-- Provided entries follows --
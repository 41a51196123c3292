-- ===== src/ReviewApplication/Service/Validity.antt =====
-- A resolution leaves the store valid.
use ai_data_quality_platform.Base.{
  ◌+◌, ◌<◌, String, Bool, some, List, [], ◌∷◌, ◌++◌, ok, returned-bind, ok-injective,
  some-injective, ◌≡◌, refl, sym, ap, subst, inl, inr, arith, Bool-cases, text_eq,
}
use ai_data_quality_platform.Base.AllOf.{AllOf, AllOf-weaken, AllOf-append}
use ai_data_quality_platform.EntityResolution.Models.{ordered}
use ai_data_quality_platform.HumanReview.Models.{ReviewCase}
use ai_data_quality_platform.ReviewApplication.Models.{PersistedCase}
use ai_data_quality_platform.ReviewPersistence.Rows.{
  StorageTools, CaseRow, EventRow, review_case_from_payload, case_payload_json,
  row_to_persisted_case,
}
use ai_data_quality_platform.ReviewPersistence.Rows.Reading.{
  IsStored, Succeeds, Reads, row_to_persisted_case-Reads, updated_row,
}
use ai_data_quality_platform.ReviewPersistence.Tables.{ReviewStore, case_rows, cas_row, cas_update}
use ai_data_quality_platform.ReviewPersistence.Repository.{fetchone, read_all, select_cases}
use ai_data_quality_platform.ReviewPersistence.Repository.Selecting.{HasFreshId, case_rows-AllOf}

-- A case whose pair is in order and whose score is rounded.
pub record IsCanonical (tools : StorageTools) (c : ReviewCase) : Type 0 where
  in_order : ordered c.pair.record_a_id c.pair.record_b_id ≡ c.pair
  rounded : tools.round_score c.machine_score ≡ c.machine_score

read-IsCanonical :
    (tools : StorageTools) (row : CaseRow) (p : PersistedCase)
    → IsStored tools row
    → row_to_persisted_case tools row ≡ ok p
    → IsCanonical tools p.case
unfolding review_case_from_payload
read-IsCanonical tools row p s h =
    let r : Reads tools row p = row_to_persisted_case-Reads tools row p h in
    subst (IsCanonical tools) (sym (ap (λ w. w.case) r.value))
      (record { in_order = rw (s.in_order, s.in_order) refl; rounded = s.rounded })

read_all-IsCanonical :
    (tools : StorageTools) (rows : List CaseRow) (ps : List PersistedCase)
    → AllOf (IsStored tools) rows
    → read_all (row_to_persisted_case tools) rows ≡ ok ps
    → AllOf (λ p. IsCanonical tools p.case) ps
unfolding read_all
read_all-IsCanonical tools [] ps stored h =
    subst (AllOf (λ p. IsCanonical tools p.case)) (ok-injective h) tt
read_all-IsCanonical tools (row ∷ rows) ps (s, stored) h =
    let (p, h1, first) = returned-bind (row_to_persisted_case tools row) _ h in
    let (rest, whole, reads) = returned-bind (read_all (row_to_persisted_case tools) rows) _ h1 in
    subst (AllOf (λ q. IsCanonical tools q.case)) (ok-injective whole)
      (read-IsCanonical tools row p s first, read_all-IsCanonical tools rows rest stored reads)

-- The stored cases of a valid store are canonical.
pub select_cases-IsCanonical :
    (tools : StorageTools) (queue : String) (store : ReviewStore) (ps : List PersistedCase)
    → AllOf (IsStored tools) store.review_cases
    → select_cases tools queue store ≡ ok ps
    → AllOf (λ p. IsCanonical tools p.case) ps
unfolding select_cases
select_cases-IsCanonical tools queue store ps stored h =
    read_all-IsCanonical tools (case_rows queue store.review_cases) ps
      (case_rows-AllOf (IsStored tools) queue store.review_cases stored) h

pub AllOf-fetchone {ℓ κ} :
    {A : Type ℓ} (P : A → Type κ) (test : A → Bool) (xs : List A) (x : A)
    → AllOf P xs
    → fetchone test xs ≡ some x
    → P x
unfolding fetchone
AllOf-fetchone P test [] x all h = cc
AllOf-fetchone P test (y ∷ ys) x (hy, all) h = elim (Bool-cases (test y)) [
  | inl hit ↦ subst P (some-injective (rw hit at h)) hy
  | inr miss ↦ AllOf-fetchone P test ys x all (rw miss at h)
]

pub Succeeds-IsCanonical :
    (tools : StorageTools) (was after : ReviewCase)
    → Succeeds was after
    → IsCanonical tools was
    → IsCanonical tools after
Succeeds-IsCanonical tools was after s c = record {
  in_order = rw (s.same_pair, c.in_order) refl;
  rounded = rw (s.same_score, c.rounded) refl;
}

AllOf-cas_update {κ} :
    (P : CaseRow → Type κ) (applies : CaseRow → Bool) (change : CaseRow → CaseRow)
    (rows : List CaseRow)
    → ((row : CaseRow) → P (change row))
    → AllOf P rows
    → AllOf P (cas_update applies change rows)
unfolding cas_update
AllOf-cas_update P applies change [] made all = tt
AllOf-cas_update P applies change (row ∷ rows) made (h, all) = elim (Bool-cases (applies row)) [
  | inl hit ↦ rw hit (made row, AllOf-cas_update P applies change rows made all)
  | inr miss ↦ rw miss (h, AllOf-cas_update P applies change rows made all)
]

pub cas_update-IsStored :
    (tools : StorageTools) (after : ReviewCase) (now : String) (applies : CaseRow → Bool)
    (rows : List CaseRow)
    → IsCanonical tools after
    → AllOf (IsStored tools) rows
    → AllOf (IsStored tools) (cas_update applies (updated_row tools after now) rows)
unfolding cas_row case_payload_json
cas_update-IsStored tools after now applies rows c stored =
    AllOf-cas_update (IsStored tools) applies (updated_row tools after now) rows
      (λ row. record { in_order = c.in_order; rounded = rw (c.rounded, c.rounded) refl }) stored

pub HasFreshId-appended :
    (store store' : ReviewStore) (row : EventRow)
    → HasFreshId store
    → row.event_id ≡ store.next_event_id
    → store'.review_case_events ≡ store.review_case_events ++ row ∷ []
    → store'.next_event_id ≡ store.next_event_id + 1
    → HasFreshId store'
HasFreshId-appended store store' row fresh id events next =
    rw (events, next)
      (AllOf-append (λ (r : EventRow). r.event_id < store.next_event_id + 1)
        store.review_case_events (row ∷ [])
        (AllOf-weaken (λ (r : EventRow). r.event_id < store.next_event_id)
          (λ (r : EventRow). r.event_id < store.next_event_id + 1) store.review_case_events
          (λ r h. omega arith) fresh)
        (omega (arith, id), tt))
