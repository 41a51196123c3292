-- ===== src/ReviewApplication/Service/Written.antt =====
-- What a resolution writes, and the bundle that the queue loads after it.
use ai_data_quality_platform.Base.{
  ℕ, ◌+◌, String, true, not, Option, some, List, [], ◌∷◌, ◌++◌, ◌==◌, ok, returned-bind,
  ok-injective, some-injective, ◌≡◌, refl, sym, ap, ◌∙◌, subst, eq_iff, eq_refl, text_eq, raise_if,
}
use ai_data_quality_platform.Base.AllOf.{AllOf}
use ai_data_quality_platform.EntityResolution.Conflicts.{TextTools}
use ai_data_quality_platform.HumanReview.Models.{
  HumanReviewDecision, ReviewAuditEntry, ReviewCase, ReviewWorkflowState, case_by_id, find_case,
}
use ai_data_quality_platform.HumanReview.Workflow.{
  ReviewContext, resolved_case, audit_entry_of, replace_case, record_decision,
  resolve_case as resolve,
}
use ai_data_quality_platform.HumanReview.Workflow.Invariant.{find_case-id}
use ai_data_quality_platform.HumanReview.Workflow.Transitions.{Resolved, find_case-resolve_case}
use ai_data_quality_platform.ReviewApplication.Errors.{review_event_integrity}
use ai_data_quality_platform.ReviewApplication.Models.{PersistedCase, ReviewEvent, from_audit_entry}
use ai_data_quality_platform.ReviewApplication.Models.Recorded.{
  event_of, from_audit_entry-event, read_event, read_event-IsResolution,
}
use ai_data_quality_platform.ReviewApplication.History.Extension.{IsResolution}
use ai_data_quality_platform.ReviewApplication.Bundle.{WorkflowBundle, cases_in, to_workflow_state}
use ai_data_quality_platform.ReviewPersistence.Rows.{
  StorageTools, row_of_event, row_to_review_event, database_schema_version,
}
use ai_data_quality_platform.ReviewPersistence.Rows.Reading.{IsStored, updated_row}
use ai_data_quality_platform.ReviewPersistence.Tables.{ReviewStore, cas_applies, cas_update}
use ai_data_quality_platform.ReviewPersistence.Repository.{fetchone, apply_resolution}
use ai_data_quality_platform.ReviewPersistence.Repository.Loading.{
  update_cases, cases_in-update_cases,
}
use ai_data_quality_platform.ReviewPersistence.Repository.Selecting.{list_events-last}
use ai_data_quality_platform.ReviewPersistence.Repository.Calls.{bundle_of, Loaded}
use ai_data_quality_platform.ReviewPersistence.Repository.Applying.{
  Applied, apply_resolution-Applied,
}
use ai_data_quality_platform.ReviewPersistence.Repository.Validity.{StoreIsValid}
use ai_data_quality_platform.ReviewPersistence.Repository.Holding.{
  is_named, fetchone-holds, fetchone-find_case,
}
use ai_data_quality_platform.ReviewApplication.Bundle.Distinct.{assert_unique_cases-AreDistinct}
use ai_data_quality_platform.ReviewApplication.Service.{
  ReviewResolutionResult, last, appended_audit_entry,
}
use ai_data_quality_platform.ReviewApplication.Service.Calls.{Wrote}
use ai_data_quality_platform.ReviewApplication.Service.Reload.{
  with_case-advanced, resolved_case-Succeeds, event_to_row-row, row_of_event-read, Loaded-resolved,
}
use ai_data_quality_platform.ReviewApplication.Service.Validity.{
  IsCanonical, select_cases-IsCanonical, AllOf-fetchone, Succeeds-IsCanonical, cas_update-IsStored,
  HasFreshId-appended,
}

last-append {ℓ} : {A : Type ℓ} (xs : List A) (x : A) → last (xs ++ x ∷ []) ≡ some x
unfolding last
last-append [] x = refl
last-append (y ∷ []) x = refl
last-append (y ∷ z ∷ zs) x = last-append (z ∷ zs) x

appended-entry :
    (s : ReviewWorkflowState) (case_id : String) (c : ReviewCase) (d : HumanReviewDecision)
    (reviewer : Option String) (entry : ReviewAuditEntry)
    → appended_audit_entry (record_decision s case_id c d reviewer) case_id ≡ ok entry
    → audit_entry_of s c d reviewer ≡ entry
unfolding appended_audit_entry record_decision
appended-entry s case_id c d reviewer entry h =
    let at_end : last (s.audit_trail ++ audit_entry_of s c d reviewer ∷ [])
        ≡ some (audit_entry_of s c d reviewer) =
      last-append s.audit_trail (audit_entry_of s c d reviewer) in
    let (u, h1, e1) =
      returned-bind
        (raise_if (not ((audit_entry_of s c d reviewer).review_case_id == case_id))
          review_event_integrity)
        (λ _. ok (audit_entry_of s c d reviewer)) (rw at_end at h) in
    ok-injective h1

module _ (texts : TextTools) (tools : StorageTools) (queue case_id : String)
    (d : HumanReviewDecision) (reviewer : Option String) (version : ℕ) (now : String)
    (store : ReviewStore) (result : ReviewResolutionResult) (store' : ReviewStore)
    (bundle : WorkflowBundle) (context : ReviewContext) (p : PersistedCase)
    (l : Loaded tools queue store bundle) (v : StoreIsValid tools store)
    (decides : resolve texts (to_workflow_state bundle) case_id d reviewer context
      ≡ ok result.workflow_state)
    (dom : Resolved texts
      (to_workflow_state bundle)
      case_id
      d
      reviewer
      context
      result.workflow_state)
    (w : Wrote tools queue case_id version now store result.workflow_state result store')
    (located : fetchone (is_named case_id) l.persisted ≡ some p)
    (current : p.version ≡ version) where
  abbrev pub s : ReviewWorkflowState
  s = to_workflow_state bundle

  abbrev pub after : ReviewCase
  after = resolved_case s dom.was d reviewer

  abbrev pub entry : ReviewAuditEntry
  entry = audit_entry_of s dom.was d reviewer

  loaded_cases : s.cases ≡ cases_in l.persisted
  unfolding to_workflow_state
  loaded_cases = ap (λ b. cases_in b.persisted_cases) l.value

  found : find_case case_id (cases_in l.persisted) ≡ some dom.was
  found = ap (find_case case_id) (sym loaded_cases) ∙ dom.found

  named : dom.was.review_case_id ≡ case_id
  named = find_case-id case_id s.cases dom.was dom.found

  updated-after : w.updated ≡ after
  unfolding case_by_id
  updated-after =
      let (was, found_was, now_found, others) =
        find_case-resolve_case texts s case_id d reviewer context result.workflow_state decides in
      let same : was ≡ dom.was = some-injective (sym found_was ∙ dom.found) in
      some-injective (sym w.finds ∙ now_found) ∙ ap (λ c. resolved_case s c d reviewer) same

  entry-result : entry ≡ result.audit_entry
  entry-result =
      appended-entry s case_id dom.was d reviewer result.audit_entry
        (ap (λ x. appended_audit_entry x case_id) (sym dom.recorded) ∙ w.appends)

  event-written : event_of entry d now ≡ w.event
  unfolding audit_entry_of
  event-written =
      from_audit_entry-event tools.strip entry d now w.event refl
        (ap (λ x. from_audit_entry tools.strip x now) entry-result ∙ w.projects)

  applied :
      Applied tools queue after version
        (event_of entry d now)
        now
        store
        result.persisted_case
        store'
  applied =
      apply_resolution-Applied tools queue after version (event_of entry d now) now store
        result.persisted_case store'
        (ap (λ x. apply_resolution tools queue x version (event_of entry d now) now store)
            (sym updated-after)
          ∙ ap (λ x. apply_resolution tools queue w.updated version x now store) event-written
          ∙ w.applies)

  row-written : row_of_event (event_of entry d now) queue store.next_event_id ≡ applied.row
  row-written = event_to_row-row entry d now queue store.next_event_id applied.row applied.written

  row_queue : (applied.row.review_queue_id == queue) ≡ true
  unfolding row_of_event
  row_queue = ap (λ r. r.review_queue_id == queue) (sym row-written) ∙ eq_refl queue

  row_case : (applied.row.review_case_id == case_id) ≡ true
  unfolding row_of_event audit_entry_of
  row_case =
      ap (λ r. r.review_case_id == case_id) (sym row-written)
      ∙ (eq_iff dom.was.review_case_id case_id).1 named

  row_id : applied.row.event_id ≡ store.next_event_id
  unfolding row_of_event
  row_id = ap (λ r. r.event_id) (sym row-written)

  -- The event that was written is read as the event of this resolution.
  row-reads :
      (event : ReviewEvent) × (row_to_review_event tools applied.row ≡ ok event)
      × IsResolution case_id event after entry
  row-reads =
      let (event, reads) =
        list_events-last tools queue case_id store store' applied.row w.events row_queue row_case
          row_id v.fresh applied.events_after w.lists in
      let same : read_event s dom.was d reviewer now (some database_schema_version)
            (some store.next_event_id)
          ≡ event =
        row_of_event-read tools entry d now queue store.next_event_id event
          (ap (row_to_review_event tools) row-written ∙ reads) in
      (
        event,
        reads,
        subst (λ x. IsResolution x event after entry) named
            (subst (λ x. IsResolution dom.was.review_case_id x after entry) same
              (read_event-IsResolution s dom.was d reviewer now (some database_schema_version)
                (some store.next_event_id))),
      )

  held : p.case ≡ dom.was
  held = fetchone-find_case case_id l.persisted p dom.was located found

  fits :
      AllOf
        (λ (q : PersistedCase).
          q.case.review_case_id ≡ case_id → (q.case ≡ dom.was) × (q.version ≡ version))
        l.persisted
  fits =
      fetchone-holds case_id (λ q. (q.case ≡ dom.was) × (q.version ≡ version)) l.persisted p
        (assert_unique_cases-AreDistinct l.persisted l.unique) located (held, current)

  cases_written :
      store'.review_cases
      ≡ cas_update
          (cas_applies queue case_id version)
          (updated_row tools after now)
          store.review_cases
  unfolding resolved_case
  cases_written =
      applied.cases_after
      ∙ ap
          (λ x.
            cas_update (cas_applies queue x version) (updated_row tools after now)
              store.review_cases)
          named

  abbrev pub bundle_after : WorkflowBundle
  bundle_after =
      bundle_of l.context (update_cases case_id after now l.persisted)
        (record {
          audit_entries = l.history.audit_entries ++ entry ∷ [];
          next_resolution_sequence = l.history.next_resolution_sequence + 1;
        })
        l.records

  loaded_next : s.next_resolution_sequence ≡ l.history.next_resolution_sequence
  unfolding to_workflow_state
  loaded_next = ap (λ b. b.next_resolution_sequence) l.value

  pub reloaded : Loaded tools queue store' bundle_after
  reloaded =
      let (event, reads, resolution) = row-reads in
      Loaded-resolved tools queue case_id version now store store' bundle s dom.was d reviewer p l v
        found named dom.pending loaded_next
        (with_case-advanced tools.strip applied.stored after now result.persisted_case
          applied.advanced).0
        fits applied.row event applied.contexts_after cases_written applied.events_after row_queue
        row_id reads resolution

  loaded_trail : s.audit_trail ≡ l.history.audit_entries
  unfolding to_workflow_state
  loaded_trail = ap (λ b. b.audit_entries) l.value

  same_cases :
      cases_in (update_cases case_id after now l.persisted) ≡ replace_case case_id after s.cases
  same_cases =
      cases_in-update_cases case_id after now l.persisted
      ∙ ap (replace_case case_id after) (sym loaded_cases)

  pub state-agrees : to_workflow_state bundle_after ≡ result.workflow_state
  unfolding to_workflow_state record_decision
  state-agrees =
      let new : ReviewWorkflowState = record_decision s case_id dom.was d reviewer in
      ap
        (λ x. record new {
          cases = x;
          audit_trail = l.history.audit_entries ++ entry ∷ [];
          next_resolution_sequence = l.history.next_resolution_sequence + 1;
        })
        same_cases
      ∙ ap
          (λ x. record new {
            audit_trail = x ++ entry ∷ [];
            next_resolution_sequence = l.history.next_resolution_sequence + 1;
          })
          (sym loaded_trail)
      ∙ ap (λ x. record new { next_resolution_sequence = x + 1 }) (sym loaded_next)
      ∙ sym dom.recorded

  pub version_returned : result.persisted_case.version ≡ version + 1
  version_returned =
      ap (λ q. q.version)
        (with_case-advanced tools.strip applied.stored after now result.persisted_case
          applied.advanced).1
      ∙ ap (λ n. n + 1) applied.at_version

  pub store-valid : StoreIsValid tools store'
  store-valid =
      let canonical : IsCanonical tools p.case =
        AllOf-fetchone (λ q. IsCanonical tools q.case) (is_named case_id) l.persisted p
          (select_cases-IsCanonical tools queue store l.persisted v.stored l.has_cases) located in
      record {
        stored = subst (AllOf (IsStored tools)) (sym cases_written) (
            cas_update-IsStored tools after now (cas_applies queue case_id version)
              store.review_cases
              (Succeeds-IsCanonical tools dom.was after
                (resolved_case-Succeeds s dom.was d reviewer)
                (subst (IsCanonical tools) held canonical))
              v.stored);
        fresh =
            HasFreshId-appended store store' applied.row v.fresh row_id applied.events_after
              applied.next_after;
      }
-- Provided entries concluded --
-- Provided entries follows --
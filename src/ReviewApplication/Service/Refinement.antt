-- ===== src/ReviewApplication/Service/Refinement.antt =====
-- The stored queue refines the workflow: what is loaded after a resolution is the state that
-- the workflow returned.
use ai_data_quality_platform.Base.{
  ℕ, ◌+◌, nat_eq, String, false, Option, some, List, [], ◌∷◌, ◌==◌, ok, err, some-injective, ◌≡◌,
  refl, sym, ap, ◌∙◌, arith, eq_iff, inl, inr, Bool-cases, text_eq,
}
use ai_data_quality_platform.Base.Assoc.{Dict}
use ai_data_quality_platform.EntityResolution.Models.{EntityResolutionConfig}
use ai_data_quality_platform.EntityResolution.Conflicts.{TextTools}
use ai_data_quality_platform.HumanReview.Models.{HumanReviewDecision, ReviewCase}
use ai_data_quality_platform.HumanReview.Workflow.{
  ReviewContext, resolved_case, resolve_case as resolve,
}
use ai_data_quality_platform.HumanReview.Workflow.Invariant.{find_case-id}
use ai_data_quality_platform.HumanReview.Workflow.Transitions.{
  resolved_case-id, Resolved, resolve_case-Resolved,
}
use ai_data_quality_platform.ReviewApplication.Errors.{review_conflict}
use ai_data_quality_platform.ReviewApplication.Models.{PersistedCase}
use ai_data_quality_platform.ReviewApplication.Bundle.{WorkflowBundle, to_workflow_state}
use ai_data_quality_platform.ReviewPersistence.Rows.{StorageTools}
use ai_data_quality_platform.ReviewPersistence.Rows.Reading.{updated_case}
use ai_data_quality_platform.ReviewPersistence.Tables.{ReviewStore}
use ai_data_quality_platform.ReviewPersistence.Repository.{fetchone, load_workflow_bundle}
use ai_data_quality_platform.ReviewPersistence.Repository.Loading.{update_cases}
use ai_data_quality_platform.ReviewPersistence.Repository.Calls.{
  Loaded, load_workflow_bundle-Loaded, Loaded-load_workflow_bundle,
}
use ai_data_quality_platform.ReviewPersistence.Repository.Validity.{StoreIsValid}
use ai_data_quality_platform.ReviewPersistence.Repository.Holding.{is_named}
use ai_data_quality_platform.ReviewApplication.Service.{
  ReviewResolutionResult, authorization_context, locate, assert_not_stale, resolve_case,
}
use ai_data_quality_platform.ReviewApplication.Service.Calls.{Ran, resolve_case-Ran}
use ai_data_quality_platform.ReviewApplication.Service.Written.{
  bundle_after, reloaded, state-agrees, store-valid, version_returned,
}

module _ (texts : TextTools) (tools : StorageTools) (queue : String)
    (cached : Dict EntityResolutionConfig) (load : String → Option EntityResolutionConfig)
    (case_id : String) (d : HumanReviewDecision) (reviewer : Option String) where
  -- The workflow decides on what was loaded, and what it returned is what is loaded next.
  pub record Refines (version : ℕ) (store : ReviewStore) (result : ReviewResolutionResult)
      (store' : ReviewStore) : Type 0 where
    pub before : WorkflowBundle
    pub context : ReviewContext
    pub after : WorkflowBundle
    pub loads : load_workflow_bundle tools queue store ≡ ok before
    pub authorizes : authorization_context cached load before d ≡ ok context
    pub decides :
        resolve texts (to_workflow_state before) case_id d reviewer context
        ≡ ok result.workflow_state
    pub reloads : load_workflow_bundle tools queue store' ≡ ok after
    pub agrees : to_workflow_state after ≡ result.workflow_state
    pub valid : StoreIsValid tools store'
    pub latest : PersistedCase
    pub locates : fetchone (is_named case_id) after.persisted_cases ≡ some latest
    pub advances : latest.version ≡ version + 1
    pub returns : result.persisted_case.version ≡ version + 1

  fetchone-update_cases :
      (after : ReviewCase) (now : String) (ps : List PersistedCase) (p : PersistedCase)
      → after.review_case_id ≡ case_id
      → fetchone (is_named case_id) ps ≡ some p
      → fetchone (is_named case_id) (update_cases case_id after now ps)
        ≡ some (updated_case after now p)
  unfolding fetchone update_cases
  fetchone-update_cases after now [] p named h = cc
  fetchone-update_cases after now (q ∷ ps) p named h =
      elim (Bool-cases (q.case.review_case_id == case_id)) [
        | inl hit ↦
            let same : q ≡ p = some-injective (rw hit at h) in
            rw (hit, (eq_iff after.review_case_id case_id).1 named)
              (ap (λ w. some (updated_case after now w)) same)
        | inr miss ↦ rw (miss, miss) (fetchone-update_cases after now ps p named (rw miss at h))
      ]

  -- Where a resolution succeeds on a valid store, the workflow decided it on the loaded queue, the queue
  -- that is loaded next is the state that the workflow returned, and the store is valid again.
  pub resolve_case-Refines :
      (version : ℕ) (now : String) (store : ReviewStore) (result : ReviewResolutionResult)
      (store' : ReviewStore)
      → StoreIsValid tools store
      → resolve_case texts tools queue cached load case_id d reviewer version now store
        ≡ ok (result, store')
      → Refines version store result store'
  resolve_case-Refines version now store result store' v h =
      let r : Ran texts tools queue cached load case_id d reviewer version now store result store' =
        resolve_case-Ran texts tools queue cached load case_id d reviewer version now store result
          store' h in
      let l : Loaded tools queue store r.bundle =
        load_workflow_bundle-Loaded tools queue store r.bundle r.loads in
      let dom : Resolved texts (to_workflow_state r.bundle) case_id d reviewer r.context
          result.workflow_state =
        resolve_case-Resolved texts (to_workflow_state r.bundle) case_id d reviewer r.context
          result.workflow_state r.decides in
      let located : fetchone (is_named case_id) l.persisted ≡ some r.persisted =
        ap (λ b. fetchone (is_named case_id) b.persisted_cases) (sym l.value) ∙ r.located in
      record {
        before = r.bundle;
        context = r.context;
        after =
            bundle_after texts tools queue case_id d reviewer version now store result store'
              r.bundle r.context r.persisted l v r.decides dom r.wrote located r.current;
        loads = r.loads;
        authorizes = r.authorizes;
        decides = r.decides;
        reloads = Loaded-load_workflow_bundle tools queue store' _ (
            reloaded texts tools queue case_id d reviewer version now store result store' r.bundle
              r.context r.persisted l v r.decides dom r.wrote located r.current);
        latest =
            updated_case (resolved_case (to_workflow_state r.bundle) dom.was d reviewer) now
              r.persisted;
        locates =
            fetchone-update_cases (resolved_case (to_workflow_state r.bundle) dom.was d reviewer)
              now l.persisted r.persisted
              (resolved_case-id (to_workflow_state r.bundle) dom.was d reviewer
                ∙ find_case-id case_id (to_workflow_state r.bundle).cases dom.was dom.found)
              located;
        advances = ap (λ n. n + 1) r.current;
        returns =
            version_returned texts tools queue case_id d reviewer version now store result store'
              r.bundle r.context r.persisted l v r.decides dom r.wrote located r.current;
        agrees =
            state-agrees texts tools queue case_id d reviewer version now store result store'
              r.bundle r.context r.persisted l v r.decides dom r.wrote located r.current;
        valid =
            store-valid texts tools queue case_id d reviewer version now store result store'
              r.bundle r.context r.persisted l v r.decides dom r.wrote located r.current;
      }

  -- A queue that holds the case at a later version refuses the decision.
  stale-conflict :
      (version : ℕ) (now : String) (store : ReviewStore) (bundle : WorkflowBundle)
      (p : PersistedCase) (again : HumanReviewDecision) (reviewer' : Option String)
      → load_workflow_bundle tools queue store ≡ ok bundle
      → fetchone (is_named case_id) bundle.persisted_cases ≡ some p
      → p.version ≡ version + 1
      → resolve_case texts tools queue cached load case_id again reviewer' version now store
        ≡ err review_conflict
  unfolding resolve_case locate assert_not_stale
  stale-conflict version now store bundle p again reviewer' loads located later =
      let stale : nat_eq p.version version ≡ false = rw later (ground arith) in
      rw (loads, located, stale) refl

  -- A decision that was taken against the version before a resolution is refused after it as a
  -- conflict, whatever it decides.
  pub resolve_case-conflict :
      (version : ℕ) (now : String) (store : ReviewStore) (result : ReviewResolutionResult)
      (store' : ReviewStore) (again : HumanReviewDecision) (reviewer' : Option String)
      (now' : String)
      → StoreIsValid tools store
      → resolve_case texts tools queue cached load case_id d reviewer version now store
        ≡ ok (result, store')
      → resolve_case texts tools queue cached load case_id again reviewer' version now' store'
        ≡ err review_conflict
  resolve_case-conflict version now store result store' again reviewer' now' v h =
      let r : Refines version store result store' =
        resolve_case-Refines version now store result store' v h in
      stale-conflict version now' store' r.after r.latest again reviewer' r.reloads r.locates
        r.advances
-- Provided entries concluded --
## Task to carry out
When a line in the records above holds "rest", that line is to be reported.

## Written solution
    let (rest, whole, reads) = returned-bind (read_all (row_to_persisted_case tools) rows) _ h1 in
      (read-IsCanonical tools row p s first, read_all-IsCanonical tools rows rest stored reads)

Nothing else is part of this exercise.